Exercise objective -
Would you filter these records and copy every line that has the word "contains"?
Supplied entries Start Marker
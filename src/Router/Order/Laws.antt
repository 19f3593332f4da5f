-- ===== src/Router/Order/Laws.antt =====
-- The sort of the rules by priority is stable and loses none.
use las.Prelude.{
  Any, ℤ, ◌≤ℤ◌, true, List, [], ◌∷◌, All, int_lt, int_eq, int_eq_iff, int_lt_iff, int_lt-false_iff,
  if◌then◌else◌, ◌≡◌, refl, ◌∙◌, ap, Bool-cases, inl, inr, arith,
}
use las.Config.{RouteRule}
use las.Router.Order.{insert_rule, sort_rules}

insert_rule-Any :
    (P : RouteRule → Type 0) (r : RouteRule) (xs : List RouteRule)
    → Any P (r ∷ xs)
    → Any P (insert_rule r xs)
unfolding insert_rule
insert_rule-Any P r [] h = h
insert_rule-Any P r (x ∷ xs) h = elim (Bool-cases (int_lt x.priority r.priority)) [
  | inl e ↦ rw e (elim h [
    | inl p ↦ inr (insert_rule-Any P r xs (inl p))
    | inr (inl q) ↦ inl q
    | inr (inr k) ↦ inr (insert_rule-Any P r xs (inr k))
  ])
  | inr e ↦ rw e h
]

-- No rule is lost.
pub sort_rules-Any :
    (P : RouteRule → Type 0) (rs : List RouteRule) → Any P rs → Any P (sort_rules rs)
unfolding sort_rules
sort_rules-Any P [] h = absurd h
sort_rules-Any P (r ∷ rs) (inl p) = insert_rule-Any P r (sort_rules rs) (inl p)
sort_rules-Any P (r ∷ rs) (inr h) =
    insert_rule-Any P r (sort_rules rs) (inr (sort_rules-Any P rs h))

-- No rule is behind one of a greater priority.
abbrev pub IsSorted : List RouteRule → Type 0
IsSorted [] = Unit
IsSorted (r ∷ rs) = All (λ x. r.priority ≤ℤ x.priority) rs × IsSorted rs

-- The rules of one priority, in their order.
unfoldable pub with_priority : ℤ → List RouteRule → List RouteRule
with_priority p [] = []
with_priority p (r ∷ rs) =
    let rest = with_priority p rs in if int_eq r.priority p then r ∷ rest else rest

insert_rule-All :
    (p : ℤ) (r : RouteRule) (xs : List RouteRule)
    → p ≤ℤ r.priority
    → All (λ x. p ≤ℤ x.priority) xs
    → All (λ x. p ≤ℤ x.priority) (insert_rule r xs)
unfolding insert_rule
insert_rule-All p r [] h a = (h, tt)
insert_rule-All p r (x ∷ xs) h (a, more) = elim (Bool-cases (int_lt x.priority r.priority)) [
  | inl e ↦ rw e (a, insert_rule-All p r xs h more)
  | inr e ↦ rw e (h, (a, more))
]

All-trans :
    (p q : ℤ) (xs : List RouteRule)
    → p ≤ℤ q
    → All (λ x. q ≤ℤ x.priority) xs
    → All (λ x. p ≤ℤ x.priority) xs
All-trans p q [] h a = tt
All-trans p q (x ∷ xs) h (a, more) = (omega arith, All-trans p q xs h more)

insert_rule-IsSorted :
    (r : RouteRule) (xs : List RouteRule) → IsSorted xs → IsSorted (insert_rule r xs)
unfolding insert_rule
insert_rule-IsSorted r [] s = (tt, tt)
insert_rule-IsSorted r (x ∷ xs) (a, s) = elim (Bool-cases (int_lt x.priority r.priority)) [
  | inl e ↦
      let below : x.priority ≤ℤ r.priority =
        omega (arith, (int_lt_iff x.priority r.priority).0 e) in
      rw e (insert_rule-All x.priority r xs below a, insert_rule-IsSorted r xs s)
  | inr e ↦
      let above = (int_lt-false_iff x.priority r.priority).0 e in
      rw e ((above, All-trans r.priority x.priority xs above a), (a, s))
]

sort_rules-IsSorted : (rs : List RouteRule) → IsSorted (sort_rules rs)
unfolding sort_rules
sort_rules-IsSorted [] = tt
sort_rules-IsSorted (r ∷ rs) = insert_rule-IsSorted r (sort_rules rs) (sort_rules-IsSorted rs)

-- Rules of different priorities can change places.
apart :
    (p : ℤ) (r x : RouteRule) (rest : List RouteRule)
    → int_lt x.priority r.priority ≡ true
    → (if int_eq x.priority p
        then x ∷ (if int_eq r.priority p then r ∷ rest else rest)
        else (if int_eq r.priority p then r ∷ rest else rest))
      ≡ (if int_eq r.priority p
          then r ∷ (if int_eq x.priority p then x ∷ rest else rest)
          else (if int_eq x.priority p then x ∷ rest else rest))
apart p r x rest e =
    ground
      (arith, int_eq_iff x.priority p, int_eq_iff r.priority p, int_lt_iff x.priority r.priority)

insert_rule-with_priority :
    (p : ℤ) (r : RouteRule) (xs : List RouteRule)
    → with_priority p (insert_rule r xs) ≡ with_priority p (r ∷ xs)
unfolding insert_rule with_priority
insert_rule-with_priority p r [] = refl
insert_rule-with_priority p r (x ∷ xs) = elim (Bool-cases (int_lt x.priority r.priority)) [
  | inl e ↦ rw (e, insert_rule-with_priority p r xs) (apart p r x (with_priority p xs) e)
  | inr e ↦ rw e
]

keep_first :
    (p : ℤ) (r : RouteRule) (xs ys : List RouteRule)
    → with_priority p xs ≡ with_priority p ys
    → with_priority p (r ∷ xs) ≡ with_priority p (r ∷ ys)
unfolding with_priority
keep_first p r xs ys e = ap (λ rest. if int_eq r.priority p then r ∷ rest else rest) e

with_priority-sort_rules :
    (p : ℤ) (rs : List RouteRule) → with_priority p (sort_rules rs) ≡ with_priority p rs
unfolding sort_rules
with_priority-sort_rules p [] = refl
with_priority-sort_rules p (r ∷ rs) =
    insert_rule-with_priority p r (sort_rules rs)
    ∙ keep_first p r _ _ (with_priority-sort_rules p rs)

-- The sorted rules stand by rising priority, and those of each one priority in the order that they
-- had.
pub sort_rules_lem :
    (rs : List RouteRule)
    → IsSorted (sort_rules rs) × ((p : ℤ) → with_priority p (sort_rules rs) ≡ with_priority p rs)
sort_rules_lem rs = (sort_rules-IsSorted rs, λ p. with_priority-sort_rules p rs)
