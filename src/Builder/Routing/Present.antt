-- ===== src/Builder/Routing/Present.antt =====
-- The policy rules of a plan: none is missing.
use mathlib.Core.Path.{subst}
use las.Builder.Trace.{only_if, Call, Calls, command, for_each}
use las.Prelude.{
  ◌++◌, Any-left, Any-right, Bool, true, ℤ, pos, int_eq, int_eq_iff, String, Bool, true, false,
  List, [], ◌∷◌, ◌<>◌, Any, Any-left, Any-right, inl, inr, ◌≡◌, ◌≢◌, refl, sym, arith,
}
use las.Builder.Host.{add_host_plan, add_interface_plan}
use las.Builder.Certificates.{add_certificate_store_plan}
use las.Builder.Tunnels.{add_tunnel_plan}
use las.Builder.Services.{add_services_plan}
use las.Builder.Platform.{add_platform_plan}
use las.Builder.Security.{add_security_plan}
use las.Builder.{nft_calls, system_calls, plan_calls}
use las.Builder.Routing.{
  add_wan_group_plan, static_route_plan, add_routing_plan, resolve_rule_route_with_groups,
  policy_command, policy_rule, policy_rules,
}
use las.Config.{Config, RouteRule}
use las.Router.Matches.{rule_mark}
use las.Router.Order.Laws.{sort_rules-Any}
use las.Builder.Routing.Marks.{resolve_rule_route_with_groups-rule_mark}

pub for_each-Any :
    {A : Type 0} (P : Call → Type 0) (f : A → Calls) (x : A) (xs : List A)
    → Any (λ y. y ≡ x) xs
    → Any P (f x)
    → Any P (for_each xs f)
unfolding for_each
for_each-Any P f x [] k h = absurd k
for_each-Any P f x (y ∷ ys) (inl e) h =
    Any-left P (f y) (for_each ys f) (subst (λ z. Any P (f z)) (sym e) h)
for_each-Any P f x (y ∷ ys) (inr k) h =
    Any-right P (f y) (for_each ys f) (for_each-Any P f x ys k h)

int_eq-false : (n : ℤ) → n ≢ pos 0 → int_eq n (pos 0) ≡ false
int_eq-false n h = ground (arith, int_eq_iff n (pos 0), h)

-- The command that installs the policy rule of a rule, for a mark and a table.
abbrev pub install : RouteRule → ℤ → ℤ → Call
install rule mark table =
    command ("install policy rule " <> rule.id) "sh" ("-c" ∷ policy_command rule (mark, table) ∷ [])

policy_rule-Any :
    (rule : RouteRule) (route : ℤ × ℤ)
    → route.0 ≢ pos 0
    → route.1 ≢ pos 0
    → Any (λ call. call ≡ install rule route.0 route.1) (policy_rule rule route)
unfolding policy_rule
policy_rule-Any rule (mark, table) m t = rw (int_eq-false mark m, int_eq-false table t) (inl refl)

only_if-Any :
    (P : Call → Type 0) (b : Bool) (calls : Calls)
    → b ≡ true
    → Any P calls
    → Any P (only_if b calls)
unfolding only_if
only_if-Any P b calls h k = rw h k

policy_rules-Any :
    (c : Config) (rule : RouteRule)
    → let route = resolve_rule_route_with_groups rule c.tunnels c.routing.wan_groups in
      Any (λ r. r ≡ rule) c.routing.rules
      → rule.enabled ≡ true
      → route.0 ≢ pos 0
      → route.1 ≢ pos 0
      → Any (λ call. call ≡ install rule route.0 route.1) (policy_rules c)
unfolding policy_rules
policy_rules-Any c rule member on m t =
    for_each-Any _ _ rule _ (sort_rules-Any _ _ member)
      (only_if-Any _ rule.enabled _ on (policy_rule-Any rule _ m t))

add_routing_plan-Any :
    (P : Call → Type 0) (c : Config) → Any P (policy_rules c) → Any P (add_routing_plan c)
unfolding add_routing_plan
add_routing_plan-Any P c h =
    Any-right P
      (for_each c.routing.wan_groups (λ group. only_if group.enabled (add_wan_group_plan group))
        ++ for_each c.routing.static_routes static_route_plan)
      (policy_rules c) h

plan_calls-Any :
    (P : Call → Type 0) (order : List String → List String) (c : Config)
    → Any P (add_routing_plan c)
    → Any P (plan_calls order c)
unfolding plan_calls system_calls
plan_calls-Any P order c h =
    let before =
      add_host_plan c
      ++ add_interface_plan c.interfaces
      ++ add_certificate_store_plan order c.services.certificate_store
      ++ add_tunnel_plan c.tunnels in
    let routed = before ++ add_routing_plan c in
    let served = routed ++ add_services_plan c in
    let platform = served ++ add_platform_plan c in
    Any-left P (system_calls order c) (nft_calls c) (
      Any-left P platform (add_security_plan c) (
        Any-left P served (add_platform_plan c)
          (Any-left P routed (add_services_plan c) (Any-right P before (add_routing_plan c) h))))

-- For every enabled rule to which the packet filter gives a mark, and which has a table, a plan has
-- the command that sends the packets with that mark to that table.
pub plan_calls-policy_rules :
    (order : List String → List String) (c : Config) (rule : RouteRule)
    → Any (λ r. r ≡ rule) c.routing.rules
    → rule.enabled ≡ true
    → rule_mark rule c.tunnels c.routing.wan_groups ≢ pos 0
    → (resolve_rule_route_with_groups rule c.tunnels c.routing.wan_groups).1 ≢ pos 0
    → Any
        (λ call.
          call
          ≡ install rule
              (rule_mark rule c.tunnels c.routing.wan_groups)
              (resolve_rule_route_with_groups rule c.tunnels c.routing.wan_groups).1)
        (plan_calls order c)
plan_calls-policy_rules order c rule member on m t =
    let marks = resolve_rule_route_with_groups-rule_mark rule c.tunnels c.routing.wan_groups in
    subst
      (λ mark.
        mark ≢ pos 0
        → Any
            (λ call.
              call
              ≡ install rule mark
                  (resolve_rule_route_with_groups rule c.tunnels c.routing.wan_groups).1)
            (plan_calls order c))
      marks
      (λ n.
        plan_calls-Any _ order c (add_routing_plan-Any _ c (policy_rules-Any c rule member on n t)))
      m
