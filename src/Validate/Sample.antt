-- ===== src/Validate/Sample.antt =====
-- Configurations that the tests run on.
use las.Prelude.{pos, true, false, String, List, [], ◌∷◌}
use las.Config.{
  Config, default_config, Tunnel, RouteSet, WanGroup, RuleMatch, RuleAction, RouteRule, Vlan,
  RoutingConfig, PlatformConfig,
}

abbrev pub sample_tunnel : Tunnel
sample_tunnel = record {
  id = "office";
  name = "Office";
  type = "wireguard";
  direction = "peer";
  enabled = true;
  interface_name = "wg0";
  mark = pos 0x10;
  table = pos 110;
  mtu = pos 1420;
  remote_endpoint = "vpn.example.org:51820";
  local_addresses = "10.8.0.2/24" ∷ [];
  dns = "10.8.0.1" ∷ [];
  credentials = ("configFile", "/etc/las/wg0.conf") ∷ [];
  options = [];
}

abbrev pub sample_set : RouteSet
sample_set = record {
  id = "streaming";
  name = "";
  type = "service";
  enabled = true;
  description = "";
  countries = [];
  cidrs = "203.0.113.0/24" ∷ "2001:db8::/32" ∷ [];
  domains = [];
  source_urls = [];
  refresh = "";
}

abbrev pub sample_group : WanGroup
sample_group = record {
  id = "uplinks";
  name = "";
  enabled = true;
  mode = "failover";
  mark = pos 0x20;
  table = pos 120;
  members =
      record {
        interface = "enp1s0";
        gateway = "192.0.2.1";
        weight = pos 1;
        priority = pos 0;
        healthcheck = "";
      }
      ∷ [];
}

abbrev pub no_match : RuleMatch
no_match = record {
  input_iface = "";
  output_iface = "";
  source_cidrs = [];
  destination_cidrs = [];
  source_ports = [];
  destination_ports = [];
  protocols = [];
  tunnel_ids = [];
  domains = [];
  geo_ip = [];
  sets = [];
  applications = [];
  services = [];
}

abbrev pub action_to : String → String → RuleAction
action_to type target = record {
  type = type;
  target = target;
  nat = true;
  log = false;
  mark = pos 0;
  table = pos 0;
}

abbrev pub tunnel_rule : RouteRule
tunnel_rule = record {
  id = "stream-out";
  name = "";
  enabled = true;
  priority = pos 100;
  match = record no_match {
    input_iface = "enp2s0";
    source_cidrs = "192.168.88.0/24" ∷ [];
    destination_ports = record { from = pos 443; to = pos 443 } ∷ [];
    protocols = "tcp" ∷ [];
    sets = "streaming" ∷ [];
  };
  action = action_to "tunnel" "office";
}

abbrev pub drop_rule : RouteRule
drop_rule = record {
  id = "no-telnet";
  name = "";
  enabled = true;
  priority = pos 50;
  match = record no_match {
    destination_ports = record { from = pos 23; to = pos 23 } ∷ [];
    protocols = "tcp" ∷ [];
  };
  action = action_to "blackhole" "";
}

abbrev pub sample_vlan : Vlan
sample_vlan = record {
  name = "guest";
  parent = "enp2s0";
  id = pos 30;
  mtu = pos 0;
  role = "lan";
  ips = "192.168.30.1/24" ∷ [];
}

abbrev pub sample_routing : RoutingConfig
sample_routing = record {
  default_policy = "wan";
  sets = sample_set ∷ [];
  wan_groups = sample_group ∷ [];
  static_routes =
      record {
        destination = "198.51.100.0/24";
        gateway = "";
        interface = "wg0";
        table = pos 0;
        metric = pos 10;
      }
      ∷ [];
  rules = tunnel_rule ∷ drop_rule ∷ [];
}

abbrev pub with_vlans : List Vlan → PlatformConfig → PlatformConfig
with_vlans vlans platform = record platform { l2 = record (platform.l2) { vlans = vlans } }

abbrev pub sample_config : Config
sample_config = record default_config {
  tunnels = sample_tunnel ∷ [];
  routing = sample_routing;
  platform = with_vlans (sample_vlan ∷ []) default_config.platform;
}
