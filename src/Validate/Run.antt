-- ===== src/Validate/Run.antt =====
-- `Validate` with everything that it calls open, and the configurations that it accepts.
use las.Prelude.{contains, ◌≡◌, refl}
use las.Net.{parse_prefix, parse_ip}
use las.Errors.{Check, ok, ◌>>◌, fail_if, wrap, check_when, each, each_new, Passes}
use las.Names.{
  is_identifier, validate_cidr, is_ip, valid_domain_name, resolver_host, validate_resolver,
  to_upper,
}
use las.Config.{Config, default_config}
use las.Validate.Sample.{sample_config}
use las.Validate.Interfaces.{
  validate_interface_address, validate_dhcp_server, validate_interface, validate_tunnel,
}
use las.Validate.Routing.{
  validate_route_set, validate_wan_member, validate_wan_group, validate_static_route,
  validate_port_range, validate_rule_match, validate_rule_action, validate_route_rule,
}
use las.Validate.Services.{
  validate_dhcp_services, validate_dns_services, validate_certificates, validate_certificate_store,
  validate_services,
}
use las.Validate.Platform.{
  validate_vlan, validate_l2, validate_dynamic_routing, validate_qos, validate_monitoring,
  validate_automation, validate_platform,
}
use las.Validate.Security.{validate_security}
use las.Validate.{known_links_of, validate_host, validate_routing, validate}

unfoldable pub run : Config → Check
unfolding contains parse_prefix parse_ip ◌>>◌ fail_if wrap check_when each each_new is_identifier
    validate_cidr is_ip valid_domain_name resolver_host validate_resolver to_upper
    validate_interface_address validate_dhcp_server validate_interface validate_tunnel
    validate_route_set validate_wan_member validate_wan_group validate_static_route
    validate_port_range validate_rule_match validate_rule_action validate_route_rule
    validate_dhcp_services validate_dns_services validate_certificates validate_certificate_store
    validate_services validate_vlan validate_l2 validate_dynamic_routing validate_qos
    validate_monitoring validate_automation validate_platform validate_security known_links_of
    validate_host validate_routing validate
run = validate

pub default_accepted : run default_config ≡ ok tt
unfolding run
default_accepted = refl

pub sample_accepted : run sample_config ≡ ok tt
unfolding run
sample_accepted = refl

pub default_Passes : Passes (validate default_config)
unfolding run
default_Passes = default_accepted

pub sample_Passes : Passes (validate sample_config)
unfolding run
sample_Passes = sample_accepted
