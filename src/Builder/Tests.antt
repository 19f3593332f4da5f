-- ===== src/Builder/Tests.antt =====
-- Plans of the sample configuration.
use las.Os.{Os, finished, done, NeverFails}
use las.Builder.Routing.Present.{install, plan_calls-policy_rules}
use las.Builder.Routing.{resolve_rule_route, tunnel_route, resolve_rule_route_with_groups}
use las.Router.Matches.{tunnel_mark, rule_mark}
use las.Validate.Sample.{sample_group, sample_config, sample_tunnel, tunnel_rule}
use las.Config.{Config, default_config, ManagedCertificate, ServicesConfig}
use las.Validate.Run.{run, sample_Passes}
use las.Prelude.{
  true, pos, pos_part, ap, arith, ◌≢◌, inl, Any, refl, ◌<>◌, false, none, String, List, [], ◌∷◌,
  ◌≡◌,
}
use las.Control.{Plan}
use las.Builder.Apply.{build_plan-dry, build_plan-execute}
use las.Builder.Apply.Machine.{machine_after, Completes}
use las.Errors.{ok, ◌>>◌}
use las.Control.Executor.{execute}
use las.Builder.{build_plan, plan_calls}
use las.Builder.Trace.{apply_calls}
use las.Builder.Sound.{AreSound}
use las.Builder.Sound.Parts.{plan_calls-AreSound}

-- The keys of a map in the order in which they came.
abbrev as_they_came : List String → List String
as_they_came keys = keys

plan_calls-AreSound_example : AreSound (plan_calls as_they_came sample_config)
plan_calls-AreSound_example = plan_calls-AreSound as_they_came sample_config

-- A machine that only notes what it is asked to do.
abbrev recorder : Os
recorder = record {
  State = List String;
  content = λ noted path. none;
  run = λ program args noted. (program ∷ noted, "", finished);
  mkdir_all = λ path noted. (noted, done tt);
  create_temp = λ path noted. (noted, done (path <> "~"));
  write = λ name text noted. (name ∷ noted, done tt);
  chmod = λ name mode noted. (noted, done tt);
  close = λ name noted. (noted, done tt);
  rename = λ from to noted. (to ∷ noted, done tt);
  remove = λ name noted. (noted, done tt);
}

recorder-NeverFails : NeverFails recorder
recorder-NeverFails = record {
  run-finished = λ program args noted. refl;
  mkdir_all-done = λ path noted. refl;
  create_temp-done = λ path noted. (path <> "~", refl);
  write-done = λ name text noted. refl;
  chmod-done = λ name mode noted. refl;
  close-done = λ name noted. refl;
  rename-done = λ from to noted. refl;
}

abbrev sample_plan : Plan
sample_plan = apply_calls (record { steps = [] }) (plan_calls as_they_came sample_config)

sample_built : build_plan as_they_came sample_config ≡ ok sample_plan
unfolding build_plan ◌>>◌
sample_built = rw sample_Passes

build_plan-execute_example :
    Completes (Plan.steps sample_plan) (execute recorder false sample_plan [])
    × ((execute recorder false sample_plan []).0
        ≡ machine_after recorder (plan_calls as_they_came sample_config) [])
build_plan-execute_example =
    build_plan-execute as_they_came recorder sample_config [] sample_built recorder-NeverFails

tunnel_rule-mark : rule_mark tunnel_rule (sample_tunnel ∷ []) (sample_group ∷ []) ≢ pos 0
unfolding rule_mark tunnel_mark
tunnel_rule-mark e = omega (arith, ap pos_part e)

tunnel_rule-table :
    (resolve_rule_route_with_groups tunnel_rule (sample_tunnel ∷ []) (sample_group ∷ [])).1 ≢ pos 0
unfolding resolve_rule_route_with_groups resolve_rule_route tunnel_route
tunnel_rule-table e = omega (arith, ap pos_part e)

plan_calls-policy_rules_example :
    Any
      (λ call.
        call
        ≡ install tunnel_rule
            (rule_mark tunnel_rule (sample_tunnel ∷ []) (sample_group ∷ []))
            (resolve_rule_route_with_groups tunnel_rule (sample_tunnel ∷ []) (sample_group ∷ [])).1)
      (plan_calls as_they_came sample_config)
plan_calls-policy_rules_example =
    plan_calls-policy_rules as_they_came sample_config tunnel_rule (inl refl) refl tunnel_rule-mark
      tunnel_rule-table

abbrev router_certificate : ManagedCertificate
router_certificate = record {
  id = "router";
  domains = [];
  cert_file = "/etc/ssl/router.crt";
  key_file = "/etc/ssl/router.key";
  chain_file = "";
  full_chain_file = "";
  owner_service = "";
  renew_hook = "";
}

-- The store in the directory of the configuration itself.
abbrev certificates_in : ServicesConfig → ServicesConfig
certificates_in s = record s {
  certificate_store = record s.certificate_store {
    enabled = true;
    directory = "/etc/las";
    certificates = router_certificate ∷ [];
  };
}

abbrev certified_config : Config
certified_config = record sample_config { services = certificates_in default_config.services }

certified_accepted : run certified_config ≡ ok tt
unfolding run
certified_accepted = refl

build_plan-dry_example : Completes (Plan.steps sample_plan) (execute recorder true sample_plan [])
build_plan-dry_example = build_plan-dry as_they_came recorder sample_config [] sample_built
Supplied entries End Marker
Written answer -
use las.Prelude.{contains, ◌≡◌, refl}
unfolding contains parse_prefix parse_ip ◌>>◌ fail_if wrap check_when each each_new is_identifier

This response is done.